■ **Your assignment**:
Every line in the data below that has the word "simp" should be returned.

■ **Material provided**:

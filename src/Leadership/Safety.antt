-- ===== src/Leadership/Safety.antt =====
-- What packages/consensus-model/src/leadership.rs checks for clusters of 3 and 5 nodes, for every
-- size.
use mathlib.Core.Path.{subst}
use mathlib.Core.Option.{some-injective}
use hyperiondb.Prelude.{
  ℕ, inl, inr, Bool-cases, ◌↔◌, ◌≤◌, ◌<◌, ◌≡◌, refl, true, none, some, arith, leb, leb→le, In,
  All-In,
}
use hyperiondb.Leadership.{
  Leadership, LState, commit, term_at, writable_at, majority, quorum_at_term, actions, next_state,
  no_split_brain, Reach,
}
use hyperiondb.Leadership.Offered.{Offered, actions-Offered}
use hyperiondb.Leadership.Invariant.{
  IsFenced, Reach-IsSafe, IsLeaseCommit, fenced_term, record_commit-IsLeaseCommit, let_through,
}

-- In a cluster of any size with fencing, no reachable state has recorded a split brain. (The cluster
-- has a node, and its bound on terms fits in 64 bits.)
pub no_split_brain-always :
    {c : Leadership} {s : LState} → IsFenced c → Reach c s → no_split_brain s ≡ true
unfolding no_split_brain
no_split_brain-always {c} {s} safe r = ground (arith, (Reach-IsSafe c safe r).quiet)

-- In every reachable state of such a cluster two writable nodes, dead or alive, are at different
-- terms.
pub one_writer_per_term :
    {c : Leadership} {s : LState}
    → IsFenced c
    → Reach c s
    → (i j : ℕ) → writable_at s i ≡ true
    → writable_at s j ≡ true
    → term_at s i ≡ term_at s j
    → i ≡ j
one_writer_per_term {c} safe r = (Reach-IsSafe c safe r).unique

-- A commit that a fenced cluster lets through, in a reachable state, is made at the newest
-- committed term or later; at that term only by the node that made the last commit; and it becomes
-- the last commit.
pub commit_is_newest :
    {c : Leadership} {s t : LState} {w : ℕ}
    → IsFenced c
    → Reach c s
    → In (commit w) (actions c s)
    → next_state c s (commit w) ≡ some t
    → (s.max_committed_term ≤ term_at s w)
      × ((p : ℕ) → s.committed_leader ≡ some p → term_at s w ≡ s.max_committed_term → w ≡ p)
      × (t.max_committed_term ≡ term_at s w)
      × (t.committed_leader ≡ some w)
commit_is_newest {c} {s} {t} {w} safe r here e =
    let inv = Reach-IsSafe c safe r in
    let (up, hw) = All-In (Offered c s) (actions c s) (commit w) (actions-Offered c s) here in
    let (h, f) = let_through c safe s inv w e in
    let k =
      subst (IsLeaseCommit s w) (some-injective _ _ f)
        (record_commit-IsLeaseCommit c safe s inv w hw h) in
    (fenced_term c safe s inv w h, (λ p g eq. inv.leader p w g hw eq), k.committed, k.maker)

-- A commit is refused in a fenced cluster exactly when fewer than a majority of the nodes are up at
-- the term of the writer.
pub commit_refused_iff :
    {c : Leadership} (s : LState) (w : ℕ)
    → IsFenced c
    → (next_state c s (commit w) ≡ none) ↔ (quorum_at_term c s (term_at s w) < majority c)
unfolding next_state
commit_refused_iff {c} s w safe =
    elim (Bool-cases (leb (majority c) (quorum_at_term c s (term_at s w)))) [
      | inl h ↦ simp (safe.fenced, h) ((λ e. cc), (λ lt. absurd (omega (arith, leb→le _ _ h))))
      | inr h ↦ simp (safe.fenced, h) ((λ e. ground arith), (λ lt. refl))
    ]
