-- ===== src/Leadership/Stale.antt =====
-- Runs of the model of packages/consensus-model/src/leadership.rs at any size: the other nodes elect
-- node 1, node 0 is left a stale leader, and without fencing both commit.
use hyperiondb.Prelude.{
  ℕ, zero, suc, ◌+◌, ◌-◌, ◌≤◌, ◌<◌, ◌≡◌, refl, sym, ap, ◌∙◌, Bool, true, false, not, ◌&&◌, ◌||◌,
  inl, inr, some, List, [], ◌∷◌, map, arith, ltb, leb, ◌==◌, all, any, if◌then◌else◌, length,
  get_or, replicate, max_of, get_or-le-max_of, filter, indices, range_from, In, filter-In,
  range_from-In, append-In_left, append-In_right, map-In, length-set, length-replicate, get_or-set,
  get_or-replicate,
}
use hyperiondb.Prelude.Words.{one_shl, has_bit}
use hyperiondb.Prelude.Masks.{between}
use hyperiondb.Prelude.Group.{
  group, any-none, has_bit-group, length-group, In-group, group-In, group-pos, group-lt,
}
use hyperiondb.Explore.{take, stay, later}
use hyperiondb.Leadership.{
  Leadership, LState, LAction, elect, commit, term_at, writable_at, alive_at, majority, init_state,
  members_of, mask_elections, elections, actions, elect_nodes, next_state, within_boundary,
  stale_writable_leader_present, Reach,
}
use hyperiondb.Leadership.Election.{IsElected, elect_nodes-IsElected}

-- The cluster has at least three nodes and less than 32, whose masks a `u32` holds, and room for
-- one election.
pub record IsRoomy (c : Leadership) : Type 0 where
  pub many : 3 ≤ c.n
  pub few : c.n < 32
  pub term_room : 2 ≤ c.max_term

all-get_or :
    (p : ℕ → Bool) (xs : List ℕ)
    → ((i : ℕ) → i < length xs → p (get_or xs i 0) ≡ true)
    → all p xs ≡ true
all-get_or p [] h = refl
all-get_or p (x ∷ xs) h =
    ground (arith, h 0 (omega arith), all-get_or p xs (λ i lt. h (suc i) (omega arith)))

any-In : (p : ℕ → Bool) (i : ℕ) (xs : List ℕ) → In i xs → p i ≡ true → any p xs ≡ true
any-In p i [] m h = absurd m
any-In p i (x ∷ xs) (inl e) h = rw (rw e at h) refl
any-In p i (x ∷ xs) (inr m) h = ground (arith, any-In p i xs m h)

max_of-replicate : (n : ℕ) → 0 < n → max_of (replicate n 1) ≡ 1
max_of-replicate zero h = absurd (omega arith)
max_of-replicate (suc zero) h = refl
max_of-replicate (suc (suc n)) h = ground (arith, max_of-replicate (suc n) (omega arith))

module _ (c : Leadership) (s : LState) where
  elections-In :
      (a : LAction) (masks : List ℕ) (mask : ℕ)
      → In mask masks
      → In a (mask_elections c s mask)
      → In a (elections c s masks)
  unfolding elections
  elections-In a [] mask m h = absurd m
  elections-In a (x ∷ masks) mask (inl e) h =
      append-In_left a (mask_elections c s x) (elections c s masks) (rw (sym e) h)
  elections-In a (x ∷ masks) mask (inr m) h =
      append-In_right a (mask_elections c s x) (elections c s masks) (elections-In a masks mask m h)

  offered_elect :
      (w mask : ℕ)
      → max_of s.cur_term < c.max_term
      → 0 < mask
      → mask < one_shl c.n
      → length (members_of c mask) ≡ majority c
      → any (λ i. not (alive_at s i)) (members_of c mask) ≡ false
      → In w (members_of c mask)
      → In (elect w mask) (actions c s)
  unfolding actions mask_elections
  offered_elect w mask room pos fits size live m =
      let go : (not (length (members_of c mask) == majority c)
            || any (λ i. not (alive_at s i)) (members_of c mask))
          ≡ false =
        ground arith in
      let here : In (elect w mask) (mask_elections c s mask) =
        rw go (map-In (λ winner. elect winner mask) w (members_of c mask) m) in
      let there : In (elect w mask) (
          if ltb (max_of s.cur_term) c.max_term
          then elections c s (range_from 1 (one_shl c.n - 1))
          else []) =
        let open_term : ltb (max_of s.cur_term) c.max_term ≡ true = ground arith in
        rw open_term (
          elections-In (elect w mask) (range_from 1 (one_shl c.n - 1)) mask
            (range_from-In mask 1 (one_shl c.n - 1) (omega arith) (omega arith)) here) in
      append-In_left (elect w mask) _ _ there

  pub offered_commit :
      (w : ℕ) → w < c.n → alive_at s w ≡ true → writable_at s w ≡ true → In (commit w) (actions c s)
  unfolding actions
  offered_commit w lt up hw =
      append-In_right (commit w)
        (if ltb (max_of s.cur_term) c.max_term
          then elections c s (range_from 1 (one_shl c.n - 1))
          else [])
        _
        (append-In_left (commit w)
          (map commit (filter (λ w. alive_at s w && writable_at s w) (indices c.n))) _
          (map-In commit w (filter (λ w. alive_at s w && writable_at s w) (indices c.n)) (
            filter-In (λ w. alive_at s w && writable_at s w) w (indices c.n)
              (range_from-In w 0 c.n (omega arith) (omega arith)) (ground arith))))

module _ (c : Leadership) (roomy : IsRoomy c) where
  open roomy use {many, few, term_room}

  hi : ℕ
  hi = 1 + majority c

  wide : 1 < hi
  unfolding hi majority
  wide = omega arith

  fits : hi ≤ c.n
  unfolding hi majority
  fits = omega arith

  mask : ℕ
  mask = group 1 hi c.n

  -- Node 1 is elected by the group from 1 on.
  pub stale : LState
  stale = elect_nodes 1 mask 2 (indices c.n) (init_state c)

  stale-IsElected : IsElected 1 mask 2 0 c.n (init_state c) stale
  unfolding stale init_state
  stale-IsElected =
      elect_nodes-IsElected 1 mask 2 (init_state c) 0 c.n
        (omega (arith, length-replicate {A = ℕ} c.n 1))
        (omega (arith, length-set (replicate c.n false) 0 true, length-replicate c.n false))

  open stale-IsElected use {
    terms, writables, term_len, same_alive, same_committed, same_leader, same_split,
  }

  term-stale : (i : ℕ) → i < c.n → term_at stale i ≡ (if has_bit mask i then 2 else 1)
  unfolding init_state
  term-stale i h = ground (arith, terms i, get_or-replicate {A = ℕ} c.n i 1 0 h)

  in_group : (i : ℕ) → i < c.n → has_bit mask i ≡ (leb 1 i && ltb i hi)
  unfolding mask between
  in_group i h = has_bit-group 1 hi c.n few wide fits i h

  pub old_term : term_at stale 0 ≡ 1
  old_term = ground (arith, term-stale 0 (omega arith), in_group 0 (omega arith))

  pub new_term : term_at stale 1 ≡ 2
  new_term = ground (arith, wide, term-stale 1 (omega arith), in_group 1 (omega arith))

  pub up-stale : (i : ℕ) → i < c.n → alive_at stale i ≡ true
  unfolding init_state
  up-stale i h =
      ap (λ (xs : List Bool). get_or xs i false) same_alive ∙ get_or-replicate c.n i true false h

  pub writable-old : writable_at stale 0 ≡ true
  unfolding init_state
  writable-old = ground (
    arith,
    writables 0,
    in_group 0 (omega arith),
    get_or-set (replicate c.n false) 0 0 true false,
    length-replicate c.n false,
  )

  pub writable-new : writable_at stale 1 ≡ true
  writable-new = ground (arith, wide, writables 1, in_group 1 (omega arith))

  pub inside-stale : within_boundary c stale ≡ true
  unfolding within_boundary init_state
  inside-stale =
      all-get_or (λ t. leb t c.max_term) stale.cur_term
        (λ i h.
          ground (arith, term-stale i (omega (arith, term_len, length-replicate {A = ℕ} c.n 1))))

  first_term : max_of (init_state c).cur_term ≡ 1
  unfolding init_state
  first_term = max_of-replicate c.n (omega arith)

  elected-stale : next_state c (init_state c) (elect 1 mask) ≡ some stale
  unfolding next_state stale
  elected-stale = rw first_term refl

  offers_elect : In (elect 1 mask) (actions c (init_state c))
  unfolding mask init_state hi
  offers_elect =
      offered_elect c (init_state c) 1 mask (omega (arith, first_term))
        (group-pos 1 hi c.n few wide fits) (group-lt 1 hi c.n few wide fits)
        (omega (arith, length-group 1 hi c.n few wide fits))
        (any-none (λ i. not (get_or (replicate c.n true) i false)) (members_of c mask)
          (λ i m.
            let inside = In-group 1 hi c.n few wide fits i m in
            ground (arith, get_or-replicate c.n i true false (omega (arith, inside, fits)))))
        (group-In 1 hi c.n few wide fits)

  pub stale-Reach : Reach c stale
  stale-Reach = later stay (take (elect 1 mask) offers_elect elected-stale inside-stale)

  pub committed-stale : stale.max_committed_term ≡ 0
  unfolding init_state
  committed-stale = same_committed

  pub stale-present : stale_writable_leader_present stale ≡ true
  unfolding stale_writable_leader_present init_state
  stale-present =
      any-In _ 0 (indices (length stale.cur_term))
        (range_from-In 0 0 (length stale.cur_term) (omega arith)
          (omega (arith, term_len, length-replicate {A = ℕ} c.n 1)))
        (ground (
          arith,
          up-stale 0 (omega arith),
          writable-old,
          old_term,
          new_term,
          get_or-le-max_of stale.cur_term 1,
        ))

■ **Answer for this exercise**:
      | inl h ↦ simp (safe.fenced, h) ((λ e. cc), (λ lt. absurd (omega (arith, leb→le _ _ h))))
      | inr h ↦ simp (safe.fenced, h) ((λ e. ground arith), (λ lt. refl))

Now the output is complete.